# DIVING ON TUESDAY THE 12TH



## dkdiver (Oct 15, 2007)

We made a little fun trip today for FenderBender and some of his friends from MS. FB is heading from commercial dive school so it may have been his last fun trip. We rounded it out with FelixH and Hatescheese since HC is going to be out of the water for the next several months while he is on travel.



First of all, the Mobile buoy is way off. It's "less that a foot" reading was a steady 3+, on top of each other. Yaaahoooo! If anyone else wants to comment on that then please do. 



Tim, thanks for the Crew's work on the tower. It got a workout today and it is like a rock. :bowdown



The riders said "let's go," the bunch from MS regretted that later, but we went. :sick Wound up at the Pete Tide since the goal was to dive and we could only run at about 18. Even the bean bags wouldn't work beyond that speed. They just had to dive.



Well, Fenderbender's group was dragging a little so we got FH and HC down first. The next comic moment was when FB put his foot in his booty and was bitten by the very large cockroach in it. I guess he hadn't used them in a while. After the roach was ejected over the side, and FB quit dancing, they got around to diving.

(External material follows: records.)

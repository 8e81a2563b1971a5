-- ===== src/Web/Approvals/Replayed.antt =====
-- Requests that wait for a subscriber, and answers: crates/codex-runtime/src/adapters/web/handlers.rs.
use coclai.Prelude.{
  ℕ, ◌<◌, ◌≡◌, refl, String, true, none, some, List, [], ◌∷◌, ◌++◌, ◌==◌, lookup, arith, eq_iff,
  length, unwrap_or, if◌then◌else◌, Option-cases, inl, inr, lookup-upsert, lookup-remove_self,
  upsert, ltb,
}
use coclai.Json.{Json}
use coclai.Web.Types.{
  Result, ok, Result-cases, Topics, WebState, ServerRequest, ApprovalResponsePayload, SessionRecord,
  active,
}
use coclai.Web.Registry.{load_owned_session}
use coclai.Web.Registry.Access.{load_owned_session-ok}
use coclai.Web.Approvals.{
  queue_request, take_queued_approvals, approval_owner, into_result_payload, forget_approval,
  post_approval,
}

module _ {json : Json} {topics : Topics} (state : WebState json topics) where
  -- While a session's queue has room, a request that finds no subscriber is the last one that the
  -- next subscriber gets, behind those that waited already; then the queue is empty.
  pub take_queued_approvals-queue_request :
      (session_id : String) (capacity : ℕ) (request : ServerRequest json.Value)
      (sender : topics.ApprovalSender)
      → lookup session_id state.approval_topics ≡ some sender
      → length (unwrap_or (lookup session_id state.queued_approvals) []) < capacity
      → let (taken, left) =
          take_queued_approvals (queue_request state session_id capacity request) session_id in
        (taken
          ≡ ok (sender, unwrap_or (lookup session_id state.queued_approvals) [] ++ request ∷ []))
        × (lookup session_id left.queued_approvals ≡ none)
  unfolding take_queued_approvals queue_request
  take_queued_approvals-queue_request session_id capacity request sender found room =
      let waiting = unwrap_or (lookup session_id state.queued_approvals) [] in
      let add : List (ServerRequest json.Value) → List (ServerRequest json.Value) =
        λ queue. if ltb (length queue) capacity then queue ++ request ∷ [] else queue in
      let fits : ltb (length waiting) capacity ≡ true = ground arith in
      let self : (session_id == session_id) ≡ true = ground (arith, eq_iff session_id session_id) in
      (
        rw
            (
              take_queued_approvals,
              queue_request,
              found,
              lookup-upsert session_id session_id [] add state.queued_approvals,
              self,
              fits,
            )
            refl,
        rw (take_queued_approvals, queue_request, found)
            (lookup-remove_self session_id (upsert session_id [] add state.queued_approvals)),
      )

  approval_owner-ok :
      (session_id approval_id : String)
      → approval_owner state session_id approval_id ≡ ok tt
      → lookup approval_id state.approval_to_session ≡ some session_id
  unfolding approval_owner
  approval_owner-ok session_id approval_id h =
      elim (Option-cases (lookup approval_id state.approval_to_session)) [
        | inl missing ↦ ground arith
        | inr (owner, indexed) ↦ ground (arith, eq_iff owner session_id)
      ]

  -- An approval that is answered was asked of an active session of the tenant, the app-server took
  -- the answer, and the approval leads to no session afterwards.
  pub post_approval-ok :
      (respond : String → json.Value → Result (Unit {0}))
      (tenant_id session_id approval_id : String) (payload : ApprovalResponsePayload json.Value)
      (left : WebState json topics)
      → post_approval state respond tenant_id session_id approval_id payload ≡ (ok tt, left)
      → (session : SessionRecord) × (result : json.Value) × (lookup session_id state.sessions
          ≡ some session)
        × (session.tenant_id ≡ tenant_id)
        × (session.lifecycle ≡ active)
        × (lookup approval_id state.approval_to_session ≡ some session_id)
        × (into_result_payload json payload ≡ ok result)
        × (respond approval_id result ≡ ok tt)
        × (lookup approval_id left.approval_to_session ≡ none)
  unfolding post_approval forget_approval
  post_approval-ok respond tenant_id session_id approval_id payload left h =
      elim (Result-cases (load_owned_session state tenant_id session_id)) [
        | inl (e, failed) ↦ ground arith
        | inr (session, loaded) ↦
            let (there, owned, live) =
              load_owned_session-ok state tenant_id session_id session loaded in
            elim (Result-cases (approval_owner state session_id approval_id)) [
              | inl (e, failed) ↦ ground arith
              | inr (_, asked) ↦ elim (Result-cases (into_result_payload json payload)) [
                | inl (e, failed) ↦ ground arith
                | inr (result, answered) ↦ elim (Result-cases (respond approval_id result)) [
                  | inl (e, failed) ↦ ground arith
                  | inr (_, responded) ↦
                      let gone : forget_approval state approval_id ≡ left = ground arith in
                      (
                        session,
                        result,
                        there,
                        owned,
                        live,
                        approval_owner-ok session_id approval_id asked,
                        answered,
                        responded,
                        rw (← gone) (lookup-remove_self approval_id state.approval_to_session),
                      )
                ]
              ]
            ]
      ]
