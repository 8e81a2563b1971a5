-- ===== src/Web/Approvals/Kept.antt =====
-- The lock regions of the approval handlers, crates/codex-runtime/src/adapters/web/handlers.rs, keep
-- the registry consistent, also where they interleave with each other and with the registry's.
use coclai.Prelude.{
  ℕ, ◌≤◌, ◌≡◌, String, not, some, List, [], ◌∷◌, ◌==◌, lookup, arith, Option-cases, inl, inr,
  lookup-remove, lookup-insert, insert, remove, lookup-retain, length, insert-UniqueKeys,
  remove-UniqueKeys, retain-UniqueKeys, Entries-remove, Entries-retain, Entries-upsert_keep,
  Entries-map_values, length-append, length-filter-le, contains,
}
use coclai.Json.{Json}
use coclai.Web.Types.{SessionRecord, Topics, WebState, ServerRequest}
use coclai.Web.Registry.Consistent.{Consistent}
use coclai.Web.Approvals.{
  count_missing_session_mapping, count_missing_approval_topic, index_request, queue_request,
  prune_stale_approval_index, take_queued_approvals, forget_approval,
}

module _ {json : Json} {topics : Topics} (capacity : ℕ) (state : WebState json topics)
    (h : Consistent capacity state) where
  pub index_request-Consistent :
      (thread_id : String) (request : ServerRequest json.Value)
      → Consistent capacity (index_request state thread_id request).1
  unfolding index_request
  index_request-Consistent thread_id request =
      elim (Option-cases (lookup thread_id state.thread_to_session)) [
        | inl unmapped ↦ rw (unmapped, index_request) counted
        | inr (session_id, mapped) ↦ elim (Option-cases (lookup session_id state.sessions)) [
          | inl gone ↦ rw (mapped, index_request, gone) (unindexed session_id)
          | inr (session, there) ↦ elim (Option-cases (lookup session_id state.approval_topics)) [
            | inl closed ↦ rw (mapped, index_request, there, closed) (unindexed_counted session_id)
            | inr (sender, open_topic) ↦
                rw (mapped, index_request, there, open_topic) (indexed_to session_id session there)
          ]
        ]
      ]
    where
      counted : Consistent capacity (count_missing_session_mapping state)
      counted = record {
        unique_approvals = h.unique_approvals;
        indexed = h.indexed;
        registered = h.registered;
        owned = h.owned;
        queued = h.queued;
      }

      indexed_to :
          (session_id : String) (session : SessionRecord)
          → lookup session_id state.sessions ≡ some session
          → Consistent capacity (record state {
            approval_to_session = insert request.approval_id session_id state.approval_to_session;
          })
      indexed_to session_id session there = record {
        unique_approvals =
            insert-UniqueKeys request.approval_id session_id state.approval_to_session
              h.unique_approvals;
        indexed = h.indexed;
        registered = h.registered;
        owned = λ a s e. ground (
          arith,
          lookup-insert request.approval_id a session_id state.approval_to_session,
          h.owned a s,
        );
        queued = h.queued;
      }

      unindexed :
          (session_id : String)
          → Consistent capacity (record state {
            approval_to_session =
                remove request.approval_id
                  (insert request.approval_id session_id state.approval_to_session);
          })
      unindexed session_id = record {
        unique_approvals = remove-UniqueKeys request.approval_id _ (
            insert-UniqueKeys request.approval_id session_id state.approval_to_session
              h.unique_approvals);
        indexed = h.indexed;
        registered = h.registered;
        owned = λ a s e. ground (
          arith,
          lookup-remove request.approval_id a
              (insert request.approval_id session_id state.approval_to_session),
          lookup-insert request.approval_id a session_id state.approval_to_session,
          h.owned a s,
        );
        queued = h.queued;
      }

      unindexed_counted :
          (session_id : String)
          → Consistent capacity (
              count_missing_approval_topic (record state {
                approval_to_session =
                    remove request.approval_id
                      (insert request.approval_id session_id state.approval_to_session);
              }))
      unindexed_counted session_id =
          let kept = unindexed session_id in
          record {
            unique_approvals = kept.unique_approvals;
            indexed = h.indexed;
            registered = h.registered;
            owned = kept.owned;
            queued = h.queued;
          }

  -- The capacity that goes with a routed request is the configured one.
  index_request-capacity :
      (thread_id session_id : String) (request : ServerRequest json.Value)
      (sender : topics.ApprovalSender) (limit : ℕ)
      → (index_request state thread_id request).0 ≡ some (sender, session_id, limit)
      → limit ≡ capacity
  unfolding index_request
  index_request-capacity thread_id session_id request sender limit e =
      elim (Option-cases (lookup thread_id state.thread_to_session)) [
        | inl unmapped ↦ ground arith
        | inr (owner, mapped) ↦ elim (Option-cases (lookup owner state.sessions)) [
          | inl gone ↦ ground arith
          | inr (session, there) ↦ ground (arith, h.registered owner session there)
        ]
      ]

  pub queue_request-Consistent :
      (session_id : String) (limit : ℕ) (request : ServerRequest json.Value)
      → limit ≡ capacity
      → Consistent capacity (queue_request state session_id limit request)
  unfolding queue_request
  queue_request-Consistent session_id limit request e = record {
    unique_approvals = h.unique_approvals;
    indexed = h.indexed;
    registered = h.registered;
    owned = h.owned;
    queued =
        Entries-upsert_keep _ session_id [] _ state.queued_approvals (ground arith)
          (λ j queue fits. ground (arith, length-append queue (request ∷ []))) h.queued;
  }

  pub prune-Consistent :
      (active : List String) → Consistent capacity (prune_stale_approval_index state active)
  unfolding prune_stale_approval_index
  prune-Consistent active = record {
    unique_approvals = retain-UniqueKeys _ state.approval_to_session h.unique_approvals;
    indexed = h.indexed;
    registered = h.registered;
    owned = λ a s e. ground (
      arith,
      lookup-retain (λ approval_id _. contains active approval_id) a state.approval_to_session
          h.unique_approvals,
      h.owned a s,
    );
    queued = Entries-retain _ _ _ (
        Entries-map_values (λ _ queue. length queue ≤ capacity) (λ _ queue. length queue ≤ capacity)
          _ state.queued_approvals
          (λ k queue fits. omega (
            arith,
            length-filter-le (λ (r : ServerRequest json.Value). contains active r.approval_id)
                queue,
          ))
          h.queued);
  }

  pub forget_approval-Consistent :
      (approval_id : String) → Consistent capacity (forget_approval state approval_id)
  unfolding forget_approval
  forget_approval-Consistent approval_id = record {
    unique_approvals = remove-UniqueKeys approval_id state.approval_to_session h.unique_approvals;
    indexed = h.indexed;
    registered = h.registered;
    owned =
        λ a s e. ground (arith, lookup-remove approval_id a state.approval_to_session, h.owned a s);
    queued =
        Entries-map_values (λ _ queue. length queue ≤ capacity) (λ _ queue. length queue ≤ capacity)
          _ state.queued_approvals
          (λ k queue fits. omega (
            arith,
            length-filter-le (λ (r : ServerRequest json.Value). not (r.approval_id == approval_id))
                queue,
          ))
          h.queued;
  }

  pub take_queued-Consistent :
      (session_id : String) → Consistent capacity (take_queued_approvals state session_id).1
  unfolding take_queued_approvals
  take_queued-Consistent session_id =
      elim (Option-cases (lookup session_id state.approval_topics)) [
        | inl missing ↦ rw (missing, take_queued_approvals) h
        | inr (sender, found) ↦
            rw (found, take_queued_approvals)
              (record {
                unique_approvals = h.unique_approvals;
                indexed = h.indexed;
                registered = h.registered;
                owned = h.owned;
                queued = Entries-remove _ session_id state.queued_approvals h.queued;
              })
      ]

It was the Pete Tide and the goal was to get wet so the objective was reached. Everyone had a good time, more or less, but vis was down to about 20' once you got down. No surprise considering the way the water has been churning.



If anyone else made it out today, how 'bout a vis report for the weekend?



Anyway, as soon as divers hit the water, with no guns going off, a bull came in to check things out. He was there for the rest of the stay, including coming in close while we were removing the anchor. Just an observation for everyone who has been following the presence of near shore sharks. No shooting, just divers, but on the divers as soon as they were on the wreck.



Anyway, just a little report from the Gulf today. Generator Man, it would not have been a good Bluewave day.


----------



## Evensplit (Oct 2, 2007)

The "blue wave" actually made it to the 3 Barges today and they (Generator Man and Bad Boy) got some nice trigger.:bowdown

Andtoday is the 13th. :doh


----------



## CurtyV22 (Sep 30, 2007)

Ahuuuuum....I guess my invitation got lost in the mail:crying



hahaha


----------



## sniper (Oct 3, 2007)

I would have jumped out of the boat if a roach was in my booty and I put my foot in it, I got the willies reading that. YUCK!!!

Were the sharks acting agressive at all? Did any have to get poked? Glad everyone had a great trip. 

You always seem to come through.


----------



## FenderBender (Oct 2, 2007)

Thanks again Dalton, it was fun as always. Nice meeting you Felix and Paul. I definitely need to start keeping my booties in the house and not the garage :banghead Creepy!! I'll not forget the sounds of Jeremy's dinosaur calls anytime soon, man that was rough! 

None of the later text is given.